Le api, nella loro opera di impollinazione, possono entrare in contatto con fattori nocivi (diserbanti, fungicidi,...), prodotti utilizzati nelle aziende florovivaistiche o in contesti urbani (insetticidi) oppure con molecole derivanti da inquinamento di aria e acqua. Di conseguenza possono subire avvelenamenti acuti o subclinici, che non sempre portano al decesso dell'animale ma al suo graduale e inesorabile indebolimento.
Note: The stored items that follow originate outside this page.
-- ===== src/Core/Lease.antt =====
-- Eve/core/cache_lock.py: a short lease on a key of the shared cache, and the polling of a value
-- that the owner of a lease is about to produce.
pub mod Exclusive
pub mod Waiting
use django_app_eve.Prelude.{
  ℕ, zero, suc, String, ◌≡◌, ◌≢◌, refl, Option, none, some, Bool, true, false, List, [], ◌∷◌,
  str_eq, eq_refl, arith, if◌then◌else◌,
}
use django_app_eve.Core.Cache.{
  Cache, Laws, IsDown, Value, num, text, flag, Reply, ok, value_error, unreachable,
}

-- `cache.get(key) == token`
unfoldable pub holds : String → Option Value → Bool
holds token (some (text t)) = str_eq t token
holds token _ = false

module _ (c : Cache) where
  open c use {State, get, add, delete}

  -- The `try` of the `finally`: delete the entry if it is still this process's.
  unfoldable pub give_back : String → String → Reply (Option Value) → State → State
  unfolding holds
  give_back key token (ok o) s = if holds token o then (delete key s).1 else s
  give_back key token _ s = s

  unfoldable pub release : String → String → Bool → State → State
  unfolding give_back
  release key token true s = give_back key token (get key s) s
  release key token false s = s

  -- `with cache_lease(key, timeout=…) as owner: body`. The body runs on a state that holds the
  -- cache; `put` and `cache_of` say where. `none` is CacheLeaseUnavailable, raised before the body.
  module _ {W R : Type 0} (cache_of : W → State) (put : State → W → W) where
    unfoldable pub finish_lease : String → String → Bool → R × W → Option R × W
    unfolding release
    finish_lease key token owner (r, w) = (some r, put (release key token owner (cache_of w)) w)

    unfoldable pub run_lease :
        String → String → (Bool → W → R × W) → Reply Bool × State → W → Option R × W
    unfolding finish_lease
    run_lease key token body (ok owner, s) w = finish_lease key token owner (body owner (put s w))
    run_lease key token body (_, s) w = (none, put s w)

    unfoldable pub cache_lease : String → String → ℕ → (Bool → W → R × W) → W → Option R × W
    unfolding run_lease
    cache_lease key token timeout body w =
        run_lease key token body (add key (text token) timeout (cache_of w)) w

-- `wait_for_value`: one poll for each value that `probe` would give before the deadline; the
-- list is the answers of the polls, in order.
unfoldable pub wait_for_value {ℓ} : {A : Type ℓ} → List (Option A) → Option A
wait_for_value [] = none
wait_for_value (some v ∷ rest) = some v
wait_for_value (none ∷ rest) = wait_for_value rest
Con conseguenti impatti a livello economico (si pensi che il valore dell'impollinazione a livello mondiale è stimato attorno ai 265 miliardi di euro l'anno), occupazionale. produttivo (calo della produzione di cibo), ambientale (è a rischio la biodiversità con la perdita della flora spontanea).
Scopo del monitoraggio è appunto comprendere il grado di salute di questi insetti e quindi del loro livello di "avvelenamento".
Una centralina è stata posizionata nell'ambito periurbano di Monza, dunque un contesto molto antropizzato, comprendendo anche parte del parco della villa reale. Le api, rispetto alla loro "casa", si spostano anche di 3 chilometri e questo permette di mettere sotto la lente una porzione molto vasta di territorio.
Una seconda centralina si trova nell'area del vimercatese e meratese, zona antropizzata ma caratterizzata anche da agricoltura intensiva ben rappresentata.
La terza si trova nella cintura tra Valmadrera e Civate dove l'attività agricola è meno presente ma ci sono realtà industriali importanti che potenziali risvolti negativi a livello di inquinamento.
Si spera, invece, di trovarsi di fronte a una soluzione ottimale con la centralina in Valsassina: territorio meno antropizzato, libero da industrie e da agricolture di tipo intensivo, con un clima favorevole.
Il dottor Giovanni Prestini
Come spiegato dal dottor Giovanni Prestini, referente dell'attività, si sta lavorando ad un progetto pilota che potrebbe poi essere esportato ad altre ATS. I risultati, attesi in queste settimane ma rallentati a causa della mole di lavoro cui è sottoposto l'istituto di zooprofilassi di Brescia, daranno una fotografia del patrimonio apiario delle province di Monza Brianza e Lecco.
La sindrome dello spopolamento degli alveari, a livello globale, nel 2021 ha portato a un calo di produzione stimato tra i 40 e il 60%. Percentuali elevatissime che suonano come un campanello di allarme da tenere in considerazione con una certa urgenza.